▶ [Required action] Pull out of the data below the stretch of lines bounded by the one containing "let same : add64" and the one containing "-- It returns", both bounds included, unchanged.

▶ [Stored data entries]
# # # #

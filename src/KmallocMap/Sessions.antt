-- ===== src/KmallocMap/Sessions.antt =====
-- ex7.c and new_st.c: loading the module, and what is printed and mapped afterwards.
use lkms.Prelude.{
  ℕ, Bool-cases, ◌+◌, ◌-◌, ◌*◌, ◌/◌, ◌%◌, ◌^◌, ◌≤◌, ◌<◌, ◌≡◌, ◌≢◌, refl, ◌∙◌, sym, ap, arith,
  ==_of_ne, ◌⊎◌, inl, inr, ltb, true, false, List, ℤ, pos, neg, negsuc, ◌==ℤ◌, none, some, length,
  add64, sub64, page_size,
}
use mathlib.Core.Path.{subst}
use lkms.Kernel.Run.{ok, Ends, ends, Ends->>=, ◌>>=◌}
use lkms.KmallocMap.{State, page_limit, page_align, print_pages, char_mmap}
use lkms.KmallocMap.Pages.{
  IsReady, Texts, texts_from, page_align_bounds, reserve_pages-Reserves, Reserves-IsReady,
  print_pages-Texts,
}
use lkms.KmallocMap.Shown.{page_at, Shows, Printing-write_pages, Clearing-write_pages}
use lkms.KmallocMap.Printing
use lkms.KmallocMap.Clearing

page_at_zero : (s : State) → s.kmalloc_area ≡ page_at 0 s
page_at_zero s = omega arith

area_end :
    {t : State}
    → IsReady t
    → add64 t.kmalloc_area (page_limit * page_size) ≡ t.kmalloc_area + page_limit * page_size
area_end ready = omega (arith, ready.near, ready.low)

-- The loop as `init` calls it.
at_start :
    (P : (i end : ℕ) → Type 0) (s : State)
    → IsReady s
    → P (page_at 0 s) (s.kmalloc_area + page_limit * page_size)
    → P s.kmalloc_area (add64 s.kmalloc_area (page_limit * page_size))
at_start P s ready p =
    subst (λ e. P s.kmalloc_area e) (sym (area_end ready))
      (subst (λ a. P a (s.kmalloc_area + page_limit * page_size)) (sym (page_at_zero s)) p)

none_shown : (s : State) → Texts 0 s
none_shown s j h = absurd (omega arith)

Printing-writes :
    (stack : List ℕ) (s : State)
    → IsReady s
    → length stack ≡ 50
    → Ends (Shows s) (
        Printing.write_pages 17 s.kmalloc_area
          (add64 s.kmalloc_area (page_limit * page_size))
          1
          stack
          s)
Printing-writes stack s ready full =
    at_start (λ i e. Ends (Shows s) (Printing.write_pages 17 i e 1 stack s)) s ready
      (Printing-write_pages 16 17 0 stack s ready (none_shown s) full (omega arith) refl)

Clearing-writes :
    (stack : List ℕ) (s : State)
    → IsReady s
    → length stack ≡ 50
    → Ends (Shows s) (
        Clearing.write_pages 17 s.kmalloc_area
          (add64 s.kmalloc_area (page_limit * page_size))
          1
          stack
          s)
Clearing-writes stack s ready full =
    at_start (λ i e. Ends (Shows s) (Clearing.write_pages 17 i e 1 stack s)) s ready
      (Clearing-write_pages 16 17 0 stack s ready (none_shown s) full (omega arith) refl)

-- What is printed up to the end of the area.
print_pages-shown :
    (s : State)
    → IsReady s
    → Texts 16 s
    → print_pages 17 s.kmalloc_area (add64 s.kmalloc_area (page_limit * page_size)) s
      ≡ ok (texts_from 0 16)
print_pages-shown s ready texts =
    ap (λ e. print_pages 17 s.kmalloc_area e s) (area_end ready) ∙ print_pages-Texts s ready texts

-- The texts as ex7.c prints them, up to the `end` that `init` has kept.
printed :
    (s t : State)
    → s.end ≡ add64 s.kmalloc_area (page_limit * page_size)
    → Shows s t
    → print_pages 17 t.kmalloc_area t.end t ≡ ok (texts_from 0 16)
printed s t e shown =
    ap (λ e. print_pages 17 t.kmalloc_area e t)
      (shown.end ∙ e ∙ ap (λ a. add64 a (page_limit * page_size)) (sym shown.area))
    ∙ print_pages-shown t shown.ready shown.texts

module _ (got : ℕ) (major : ℤ) (stack : List ℕ) (s : State) (memory : got ≢ 0)
    (low : got + (page_limit + 2) * page_size ≤ 2 ^ 64) (registered : (major ==ℤ pos 0) ≡ false)
    (full : length stack ≡ 50) where
  -- The state when the loops begin.
  abbrev allocated : State
  allocated = record s {
    kmalloc_ptr = got;
    allocated = true;
    kmalloc_area = page_align got;
    major_number = major;
  }

  allocated-IsReady : IsReady allocated
  allocated-IsReady =
      let bounds = page_align_bounds got low in
      record { used = refl; above = bounds.1; near = bounds.2; low = low }

  -- If kmalloc gives memory that does not reach past the top of the address space, and
  -- register_chrdev does not return 0, then ex7.c's `init` returns 0, and closing the device
  -- prints the texts of the 16 pages, "… writing on page 1" to "… writing on page 16", in order.
  pub Printing-init-char_release :
      Ends
        (λ (r, t). (r ≡ pos 0) × (Printing.char_release t ≡ ok (texts_from 0 16, pos 0)))
        (Printing.init got major stack s)
  unfolding Printing.init Printing.char_release
  Printing-init-char_release =
      rw (Printing.init, ==_of_ne got 0 memory, registered)
        (Ends->>= (reserve_pages-Reserves allocated) (λ s2 r.
          let ready = Reserves-IsReady r allocated-IsReady in
          let s3 : State = record s2 { end = add64 s2.kmalloc_area (page_limit * page_size) } in
          let ready3 : IsReady s3 = record {
            used = ready.used;
            above = ready.above;
            near = ready.near;
            low = ready.low;
          } in
          Ends->>= (Printing-writes stack s3 ready3 full) (λ t shown.
            ends (refl, rw (Printing.char_release, printed s3 t refl shown, ◌>>=◌) refl))))

  -- new_st.c's `init` under the same conditions; its pages are printed when the module is unloaded,
  -- which gives the memory back.
  pub Clearing-init-cleanup :
      Ends
        (λ (r, t).
          (r ≡ pos 0)
          × Ends
              (λ (texts, u). (texts ≡ texts_from 0 16) × (u.allocated ≡ false))
              (Clearing.cleanup t))
        (Clearing.init got major stack s)
  unfolding Clearing.init Clearing.cleanup
  Clearing-init-cleanup =
      rw (Clearing.init, ==_of_ne got 0 memory, registered)
        (Ends->>= (reserve_pages-Reserves allocated) (λ s2 r.
          let ready = Reserves-IsReady r allocated-IsReady in
          let same : add64 (page_align got) (page_limit * page_size)
              ≡ add64 s2.kmalloc_area (page_limit * page_size) =
            ap (λ a. add64 a (page_limit * page_size)) (sym r.area) in
          rw same (
            Ends->>= (Clearing-writes stack s2 ready full) (λ t shown. ends (
              refl,
              rw (Clearing.cleanup, print_pages-shown t shown.ready shown.texts, ◌>>=◌)
                  (Ends->>= (reserve_pages-Reserves t) (λ u kept. ends (refl, refl))),
            )))))

-- What `char_mmap` returns of the answer of remap_pfn_range: a negative number, an error, or 0.
abbrev pub error_of : ℤ → ℤ
error_of (pos n) = pos 0
error_of (negsuc e) = negsuc e

-- Whatever area of memory a process asks for, `char_mmap` of a loaded module does one of two things.
-- It returns -EIO and asks for nothing, and then the area is longer than 16 pages. Or the area has at
-- most 16 pages, and it asks remap_pfn_range for the whole area, from the first page of the module's
-- memory on (physical addresses are the virtual ones less `page_offset`, a multiple of the page
-- size), all of it in the 18 pages that kmalloc gave, and returns a negative answer as it is, and
-- else 0.
pub char_mmap_bounds :
    (page_offset : ℕ) (ret : ℤ) (vm_start vm_end : ℕ) (s : State)
    → IsReady s
    → s.kmalloc_area % page_size ≡ 0
    → page_offset % page_size ≡ 0
    → page_offset ≤ s.kmalloc_area
    → ((char_mmap (λ a. a - page_offset) ret vm_start vm_end s ≡ (neg 5, none))
        × (16 * page_size < sub64 vm_end vm_start))
      ⊎ ((page : ℕ) × (char_mmap (λ a. a - page_offset) ret vm_start vm_end s
            ≡ (error_of ret, some (page, sub64 vm_end vm_start)))
          × (page * page_size + page_offset ≡ s.kmalloc_area)
          × (sub64 vm_end vm_start ≤ 16 * page_size)
          × (s.kmalloc_area + sub64 vm_end vm_start ≤ s.kmalloc_ptr + 18 * page_size))
unfolding char_mmap
char_mmap_bounds page_offset ret vm_start vm_end s ready aligned offset low =
    elim (Bool-cases (ltb (page_limit * page_size) (sub64 vm_end vm_start))) [
      | inl large ↦ inl (rw (char_mmap, large) refl, ground arith)
      | inr small ↦
          let short : sub64 vm_end vm_start ≤ 16 * page_size = ground arith in
          let page : ℕ = (s.kmalloc_area - page_offset) / page_size in
          let first : page * page_size + page_offset ≡ s.kmalloc_area =
            omega (arith, aligned, offset, low) in
          let inside : s.kmalloc_area + sub64 vm_end vm_start ≤ s.kmalloc_ptr + 18 * page_size =
            omega (arith, ready.near, short) in
          inr (page, asked ret small, first, short, inside)
    ]
  where
    asked :
        (r : ℤ)
        → ltb (page_limit * page_size) (sub64 vm_end vm_start) ≡ false
        → char_mmap (λ a. a - page_offset) r vm_start vm_end s
          ≡ (error_of r, some ((s.kmalloc_area - page_offset) / page_size, sub64 vm_end vm_start))
    asked (pos n) small = rw (char_mmap, small) refl
    asked (negsuc n) small = rw (char_mmap, small) refl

# # # #

▶ [Exercise solution]
          let same : add64 (page_align got) (page_limit * page_size)
              ≡ add64 s2.kmalloc_area (page_limit * page_size) =
            ap (λ a. add64 a (page_limit * page_size)) (sym r.area) in
          rw same (
            Ends->>= (Clearing-writes stack s2 ready full) (λ t shown. ends (
              refl,
              rw (Clearing.cleanup, print_pages-shown t shown.ready shown.texts, ◌>>=◌)
                  (Ends->>= (reserve_pages-Reserves t) (λ u kept. ends (refl, refl))),
            )))))

-- What `char_mmap` returns of the answer of remap_pfn_range: a negative number, an error, or 0.
abbrev pub error_of : ℤ → ℤ
error_of (pos n) = pos 0
error_of (negsuc e) = negsuc e

-- Whatever area of memory a process asks for, `char_mmap` of a loaded module does one of two things.
-- It returns -EIO and asks for nothing, and then the area is longer than 16 pages. Or the area has at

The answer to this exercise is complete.